All of the above sounds very embittered, I know. So let’s end with some positivity. Evil Dead still remains one of the better horror remakes – certainly the best since 2009’s My Bloody Valentine. There’s nothing inherently terrible about it. Lazy script and bland characters notwithstanding, Fede Alvarez’s direction is solid. Two things that were essential in the realization of this remake were kept in place: the eerie, dreamlike and almost surreal tone of the original, and the understanding that the new film not rest on humor, which too many people incorrectly associate with the original. (Funny it may have been, it certainly hadn't set out to be.) Additionally, the first scene showing a girl wandering through the woods filled with fog, lit from above by the sun, is gorgeous, as is much of the violence soon to unfold. And in the aforementioned prologue, in which a young possessed girl gives up on trying to charm her way out of the ropes that bind her, and in her sweet, innocent voice, tells her father she’s going to rip out his soul (sounding almost conflicted about it) – before she changes into the demon that has taken hold of her – it works. It’s eerie, and it’s effective in that way a remake should be: It remembers, fondly, the source material, but attempts to try something new. It’s just a shame this wasn’t attempted for the remaining 88 minutes of the film.

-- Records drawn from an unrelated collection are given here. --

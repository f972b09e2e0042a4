-- ===== src/Routes.antt =====
-- The route of api/routers/classification.py, which composes the rate limiter, the experiments, the
-- upload and the inference service, and `record_inference` of api/middleware/monitoring.py. FastAPI
-- has resolved the dependencies and checked the bounds of the query's values.
pub mod Handled
pub mod Tests
use ml_engineer_challenge_so.Prelude.{
  ℕ, String, Bool, true, false, if◌then◌else◌, List, [], ◌∷◌, ◌++◌, Option, none, some, Result, ok,
  err,
}
use ml_engineer_challenge_so.Prelude.Dict.{Dict}
use ml_engineer_challenge_so.Prelude.Float.{Float}
use ml_engineer_challenge_so.Config.{Settings, InferenceBackend, backend_value}
use ml_engineer_challenge_so.Errors.{ApiError, Raised, application}
use ml_engineer_challenge_so.Uploads.{Bytes, read_upload}
use ml_engineer_challenge_so.RateLimit.{
  Redis, RateLimitDecision, Store, enforce, headers, tier_value,
}
use ml_engineer_challenge_so.RateLimit.Commands.{SortedSet}
use ml_engineer_challenge_so.Experiments.{Registry, resolve_version}
use ml_engineer_challenge_so.Models.{Host, LoadedModel, ModelService, get_classifier}
use ml_engineer_challenge_so.Cache.{RedisServer, Codec}
use ml_engineer_challenge_so.Auth.{Principal}
use ml_engineer_challenge_so.Inference.{
  Vision, Prediction, Payload, ModelProvenance, ClassificationResponse, provenance_of,
}
use ml_engineer_challenge_so.Inference.Classify.{Request, Services, Outcome, classify}

abbrev pub classifier_name : String
classifier_name = "tiny-imagenet-classifier"

-- The labels of one `record_inference`; the duration is left out.
pub record InferenceRecord : Type 0 where
  pub model : String
  pub version : String
  pub backend : String
  pub success : Bool

unfoldable pub inference_record : ModelProvenance → Bool → InferenceRecord
inference_record p success = record {
  model = p.model_name;
  version = p.model_version;
  backend = p.backend;
  success = success;
}

-- What a request brings: its query, the chunks of its file, the caller, and the clock's values.
pub record Call (F : Type 0) : Type 0 where
  pub principal : Principal
  pub correlation_id : String
  pub chunks : List Bytes
  pub top_k : ℕ
  pub model_version : Option String
  pub backend : Option InferenceBackend
  pub include_probabilities : Bool
  pub use_cache : Bool
  pub elapsed_ms : F
  pub now : ℕ
  pub member : String

-- The version and the variant: a pinned version wins over an experiment.
unfoldable pub chosen : Option String → Option (String × String) → Option String × Option String
chosen (some version) assigned = (some version, none)
chosen none none = (none, none)
chosen none (some (version, variant)) = (some version, some variant)

-- The services that do not change, and their settings.
pub record Deployment (H : Host) (W : Float) : Type 0 where
  pub settings : Settings
  pub redis : Redis
  pub models : ModelService H
  pub experiments : Registry W
  pub hash : String → ℕ

-- What the requests change.
pub record App {H : Host} (N : Vision H) (R : RedisServer) (Z : SortedSet) : Type 0 where
  pub limiter : Store Z
  pub services : Services N R
  pub inferences : List InferenceRecord

-- What the caller gets: the headers with the response, or an exception.
abbrev pub Answer : Type 0 → Type 0
Answer F = Result Raised (Dict ℕ × ClassificationResponse F)

module _ {H : Host} {W : Float} (D : Deployment H W) {F : Type 0} where
  abbrev pub choice : Call F → Option String × Option String
  choice c =
      chosen c.model_version
        (resolve_version W D.hash D.experiments classifier_name c.principal.user_id)

  -- The arguments of `inference.classify`.
  unfoldable pub request_of : Call F → Bytes → Request F
  request_of c image_bytes = record {
    image_bytes = image_bytes;
    correlation_id = c.correlation_id;
    top_k = c.top_k;
    model_version = (choice c).0;
    backend = if D.settings.allow_backend_override then c.backend else none;
    include_probabilities = c.include_probabilities;
    use_cache = c.use_cache;
    user_id = some c.principal.user_id;
    user_tier = some (tier_value c.principal.tier);
    variant = (choice c).1;
    elapsed_ms = c.elapsed_ms;
  }

abbrev pub recorded :
    {H : Host} {N : Vision H} {R : RedisServer} {Z : SortedSet}
    → ModelProvenance
    → Bool
    → App N R Z
    → App N R Z
recorded p success app = record app {
  inferences = app.inferences ++ (inference_record p success ∷ []);
}

module _ {H : Host} {W : Float} (N : Vision H) {R : RedisServer} (J : Codec (Payload N.F))
    {Z : SortedSet} (D : Deployment H W) where
  open N use {F}

  -- The `except` clause, on what `get_classifier` gives: its own exception takes the place of the one
  -- that is handled.
  unfoldable pub after_failure :
      Raised → Result Raised (LoadedModel H) → App N R Z → Answer F × App N R Z
  after_failure e (err e') app = (err e', app)
  after_failure e (ok m) app = (err e, recorded (provenance_of m) false app)

  -- What follows the call of `classify`.
  unfoldable pub after_classify :
      RateLimitDecision → Call F → App N R Z → Outcome N R → Answer F × App N R Z
  unfolding after_failure
  after_classify decision c app (err e, s) =
      after_failure e (get_classifier D.models (choice D c).0) (record app { services = s })
  after_classify decision c app (ok r, s) =
      (ok (headers decision, r), recorded r.provenance true (record app { services = s }))

  -- What follows the reading of the upload.
  unfoldable pub after_read :
      RateLimitDecision → Call F → App N R Z → Result ApiError Bytes → Answer F × App N R Z
  unfolding after_classify
  after_read decision c app (err e) = (err (application e), app)
  after_read decision c app (ok image_bytes) =
      after_classify decision c app
        (classify N J D.settings D.models (request_of D c image_bytes) app.services)

  -- What follows the limiter.
  unfoldable pub after_limiter :
      Call F → App N R Z → Result ApiError RateLimitDecision → Answer F × App N R Z
  unfolding after_read
  after_limiter c app (err e) = (err (application e), app)
  after_limiter c app (ok decision) =
      after_read decision c app (read_upload c.chunks D.settings.max_upload_bytes)

  unfoldable pub classify_image : Call F → App N R Z → Answer F × App N R Z
  unfolding after_limiter
  classify_image c app =
      let (decision, limiter) =
        enforce Z D.redis D.settings c.now c.member c.principal.user_id c.principal.tier
          app.limiter in
      after_limiter c (record app { limiter = limiter }) decision
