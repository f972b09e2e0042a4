-- ===== src/Uploads/Reading.antt =====
-- The chunked read of api/routers/classification.py against reading everything first.
use mathlib.Core.List.{append-nil, append_assoc}
use ml_engineer_challenge_so.Prelude.{
  ℕ, ◌≤◌, ◌≡◌, true, inl, inr, ltb, if◌then◌else◌, Bool-cases, List, [], ◌∷◌, ◌++◌, length,
  length-append, Result, ok, err, arith,
}
use ml_engineer_challenge_so.Errors.{ApiError, error, number, payload_too_large}
use ml_engineer_challenge_so.Uploads.{Bytes, read_chunks, read_upload}

-- The whole body: the chunks before the first empty one, which marks the end of the file.
abbrev pub body : List Bytes → Bytes
body [] = []
body ([] ∷ chunks) = []
body ((b ∷ bs) ∷ chunks) = (b ∷ bs) ++ body chunks

-- Read everything, then test the size.
abbrev pub capped : ℕ → Bytes → Result ApiError Bytes
capped max_bytes all =
    if ltb max_bytes (length all)
    then err (error payload_too_large (("max_bytes", number max_bytes) ∷ []))
    else ok all

capped_longer :
    (max_bytes : ℕ) (front back : Bytes)
    → ltb max_bytes (length front) ≡ true
    → capped max_bytes (front ++ back)
      ≡ err (error payload_too_large (("max_bytes", number max_bytes) ∷ []))
capped_longer max_bytes front back h = ground (arith, length-append front back)

read_chunks-eq :
    (max_bytes : ℕ) (buffer : Bytes) (chunks : List Bytes)
    → length buffer ≤ max_bytes
    → read_chunks max_bytes buffer chunks ≡ capped max_bytes (buffer ++ body chunks)
unfolding read_chunks
read_chunks-eq max_bytes buffer [] h = rw append-nil (ground arith)
read_chunks-eq max_bytes buffer ([] ∷ chunks) h = rw append-nil (ground arith)
read_chunks-eq max_bytes buffer ((b ∷ bs) ∷ chunks) h =
    elim (Bool-cases (ltb max_bytes (length (buffer ++ (b ∷ bs))))) [
      | inl over ↦ rw (
        over,
        ← append_assoc buffer (b ∷ bs) (body chunks),
        capped_longer max_bytes (buffer ++ (b ∷ bs)) (body chunks) over,
      )
      | inr within ↦
          rw (within, ← append_assoc buffer (b ∷ bs) (body chunks))
            (read_chunks-eq max_bytes (buffer ++ (b ∷ bs)) chunks (ground arith))
    ]

-- Reading in chunks and stopping at the limit gives what reading the whole body and then testing
-- its size would give: the body when it fits, and the size error when it does not.
pub read_upload-eq-capped :
    (chunks : List Bytes) (max_bytes : ℕ)
    → read_upload chunks max_bytes ≡ capped max_bytes (body chunks)
unfolding read_upload
read_upload-eq-capped chunks max_bytes = read_chunks-eq max_bytes [] chunks (omega arith)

If you enjoy the original The Evil Dead for what’s presented on-screen, with no reverence for the behind-the-scenes struggles the filmmakers endured in getting that bastard into theaters everywhere, then there’s no real reason why you shouldn’t enjoy the remake. It is beautiful looking and superficial entertainment at best. But if what you appreciate about the original – much like I do – is all the hell Raimi and Co. endured in getting the film made and managing to do so under the worst conditions, then there’s no reason you shouldn’t be disappointed. The tale of a 22-year-old amateur filmmaker creating a no-budget feature filled with demons, levitation, tree rape, stop-motion effects, claymation, innovative camera techniques, and oceans of blood, and driven by his love of schlock and movie-making, is far more interesting than a multi-million dollar remake funded by a major studio and produced by the guy who made Spider-Man (even if it is that same amateur filmmaker many years later).

Something special was lost in translation, and that isn’t groovy at all.